Contraindication for Cervical, Thoracic and Lumbar Epidural Corticosteroid Injection

Epidural corticosteroid injection is contraindicated in following diseases-

  • Systemic Infection
  • Skin infection and lesions over injection site
  • Epidural abscess or epidural bleeding
  • Bleeding disorder like hemophilia
  • Patient taking blood thinners (Coumadin).
  • Use of high dose aspirin.
  • Use of anti-platelet drugs (e.g. Ticlid, Plavix).
  • Spinal tumor
  • Pregnancy

Pre-Op Evaluation for Epidural Corticosteroid Injection

  • Informed Consent-Pre-op evaluation involves an interview by a pain specialist and anesthesiologist. Pain specialist will discuss details of present illness, past illnesses, procedure, complications, alternative treatments and risk of procedure in details. Anesthesiologist will discuss history and examination, choice and risk of anesthesia. Anesthesia is very safe because of close monitoring and reliable anesthetic medications.
  • I.V. Access-Intravenous (I.V.) access is necessary to give anesthetics for sedations. Preop sedation is also given to patient exhibiting anxiety prior to patient taken to surgical room.

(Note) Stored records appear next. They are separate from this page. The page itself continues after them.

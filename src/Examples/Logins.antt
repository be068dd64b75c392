-- ===== src/Examples/Logins.antt =====
-- A login, a request with its token, and a logout.
use agent_len.Base.{
  ◌+◌, String, ◌≡◌, refl, false, none, some, [], ◌∷◌, ok, err, ltb, ◌==◌, string_eq, if◌then◌else◌,
}
use agent_len.Users.{
  User, Accounts, unauthenticated, Hasher, extract_token, authenticate, login, logout,
  session_lifetime,
}
use agent_len.Users.Sessions.{login-authenticate, logout-authenticate}
use agent_len.Users.Entitled.{Entitled, Keyed, authenticate-Entitled}
use agent_len.Base.{inl, inr, sym, ◌∙◌, ◌↔◌}
use agent_len.Examples.Records.{plain}

-- The stand-in keeps the case of letters, so the header is in lower case.
abbrev header : String
header = "bearer t1"

abbrev ann : User
ann = record { id = 4; email = "ann@example.org"; password_hash = "secret" }

abbrev hasher : Hasher
hasher = record {
  hash_password = λ p. p;
  verify = λ p o. elim o [ none ↦ false | some h ↦ p == h ];
}

abbrev accounts : Accounts
accounts = record {
  users = ann ∷ [];
  sessions = record { token_hash = "old"; user_id = 4; expires_at = some 5 } ∷ [];
  next_user_id = 5;
}

abbrev logged_in : Accounts
logged_in = record accounts {
  sessions =
      record { token_hash = "t1"; user_id = 4; expires_at = some (10 + session_lifetime) } ∷ [];
}

sent : extract_token plain (some header) ≡ some "t1"
unfolding extract_token
sent = refl

logged : login plain hasher "ann@example.org" "secret" "t1" 10 accounts ≡ ok (ann, logged_in)
unfolding login
logged = refl

login-authenticate_example :
    authenticate plain (some header) 1_000 logged_in
    ≡ (if ltb 1_000 (10 + session_lifetime) then ok ann else err unauthenticated)
login-authenticate_example =
    login-authenticate plain hasher "ann@example.org" "secret" "t1" header 10 1_000 accounts logged
      sent (refl, tt) refl

logout-authenticate_example :
    authenticate plain (some header) 1_000 (logout plain "t1" logged_in) ≡ err unauthenticated
logout-authenticate_example = logout-authenticate plain header "t1" 1_000 logged_in sent

single-Keyed : {A K : Type 0} (key : A → K) (x : A) → Keyed key (x ∷ [])
single-Keyed key x a b (inl is) (inl also) same = sym is ∙ also
single-Keyed key x a b (inl is) (inr never) same = elim never [ ]
single-Keyed key x a b (inr never) there same = elim never [ ]

authenticate-Entitled_example :
    (authenticate plain (some header) 1_000 logged_in ≡ ok ann)
    ↔ Entitled plain (some header) 1_000 logged_in ann
authenticate-Entitled_example =
    authenticate-Entitled plain (some header) 1_000 logged_in ann (single-Keyed _ _)
      (single-Keyed _ _)
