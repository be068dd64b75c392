-- ===== src/JsonPath/Print.antt =====
-- src/agentlen/infrastructure/files/polars_profiler.py: how the profiler writes a path, which
-- `_leaf_columns` and `_flatten_series` build up from `$` by one segment at a time.
use Prim.Native.String.{[], ◌∷◌}
use agent_len.Base.{code, String, ◌<>◌, Bool, true, false, ◌&&◌, ◌||◌, List}
use agent_len.Base.{◌==◌, nat_eq, if◌then◌else◌}
use agent_len.JsonPath.{Segment, key, each, JsonPath, ident_start, ident_part}

-- `[A-Za-z0-9_]*$`: in Python `$` matches at the end and before a newline that ends the text.
unfoldable pub safe_rest : String → Bool
safe_rest [] = true
safe_rest (c ∷ []) = ident_part c || code c == 10
safe_rest (c ∷ d ∷ s) = ident_part c && safe_rest (d ∷ s)

-- `_SAFE_UNQUOTED_NAME.match(name)`
unfoldable pub safe_unquoted : String → Bool
unfolding safe_rest
safe_unquoted [] = false
safe_unquoted (c ∷ s) = ident_start c && safe_rest s

-- `name.replace("\\", "\\\\").replace('"', '\\"')`
unfoldable pub escape : String → String
escape [] = []
escape (c ∷ s) =
    let rest = escape s in
    if code c == 92
    then "\\" ∷ "\\" ∷ rest
    else if code c == b'"'
    then "\\" ∷ "\"" ∷ rest
    else c ∷ rest

unfoldable pub path_segment : String → String
unfolding safe_unquoted escape
path_segment name =
    if safe_unquoted name then "." ∷ name else "[" ∷ "\"" ∷ (escape name <> ("\"" ∷ "]" ∷ []))

abbrev pub segment_text : Segment → String
segment_text (key name) = path_segment name
segment_text each = "[" ∷ "]" ∷ []

abbrev pub segments_text : JsonPath → String
segments_text List.[] = []
segments_text (List.◌∷◌ s path) = segment_text s <> segments_text path

unfoldable pub path_text : JsonPath → String
unfolding path_segment
path_text path = "$" ∷ segments_text path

Anxious patient may develop serious vaso-vagal response induced by fear, apprehension and needle phobia. Sedation is essential during procedure to prevent sudden involuntary or deliberate movement of patient during critical phase of procedure. Insurance providers because of additional cost often deny sedation.

Procedure: Cervical, Thoracic or Lumbar Epidural Corticosteroid Injection

  • Sedation-Epidural steroid injection is performed with or without sedations. Apprehensive and anxious patient does better with sedation than without sedation. Sedation is avoided in diagnostic injection. Sedations are preferred by many physicians for therapeutic injection to prevent vasovagal shock and movements during critical phase of procedure, which may cause minor or serious nerve injury. Vasovagal shock is a fainting often seen in apprehensive, claustrophobic and in patient afraid of needles. Several patient prefer not to have any sedation and procedure is performed under local anesthesia. Post procedure discharge to home is sooner when procedure is done under local anesthesia. Patient may have to stay in recovery room for 30 to 60 minutes if procedure is performed under sedation. An epidural steroid injection usually takes between 15 to 30 minutes.
  • Position-Patient is advised to lie in prone (face facing operating table) or lateral (lie on side) positions on X-ray compatible surgical table. Flex prone or lateral position is maintained by placing pillow under abdomen. If the Patient is unable turgical area where needle is going to be inserted is identified by clinical ao tolerate flex prone position then procedure is performed in curled lateral position.
  • Skin Preparation-Surgical area where needle is going to be inserted is identified by clinical and X-Ray examinations. Skin area where needle will be penetrating is marked with marking pen. The skin around the surgical area is prepped with antiseptic solution.
  • Epidural Space-Procedure is performed under X-Ray or image intensifier. Cervical (upper back), Thoracic (mid back) or Lumbar (lower back) inter-spinous space is selected for epidural injection. Level is confirmed by clinical and X-Ray examination.
  • Numbing of Skin and Subcutaneous Tissue-Two adjacent spinal processes are identified at selected level in cervical (neck), thoracic (chest) or lumbar (lower back) segment of the vertebral column.The skin and subcutaneous tissue is anesthetized using 0.5% lidocaine a short acting local anesthesia. Amount injected is 0.5 cc to 3 cc.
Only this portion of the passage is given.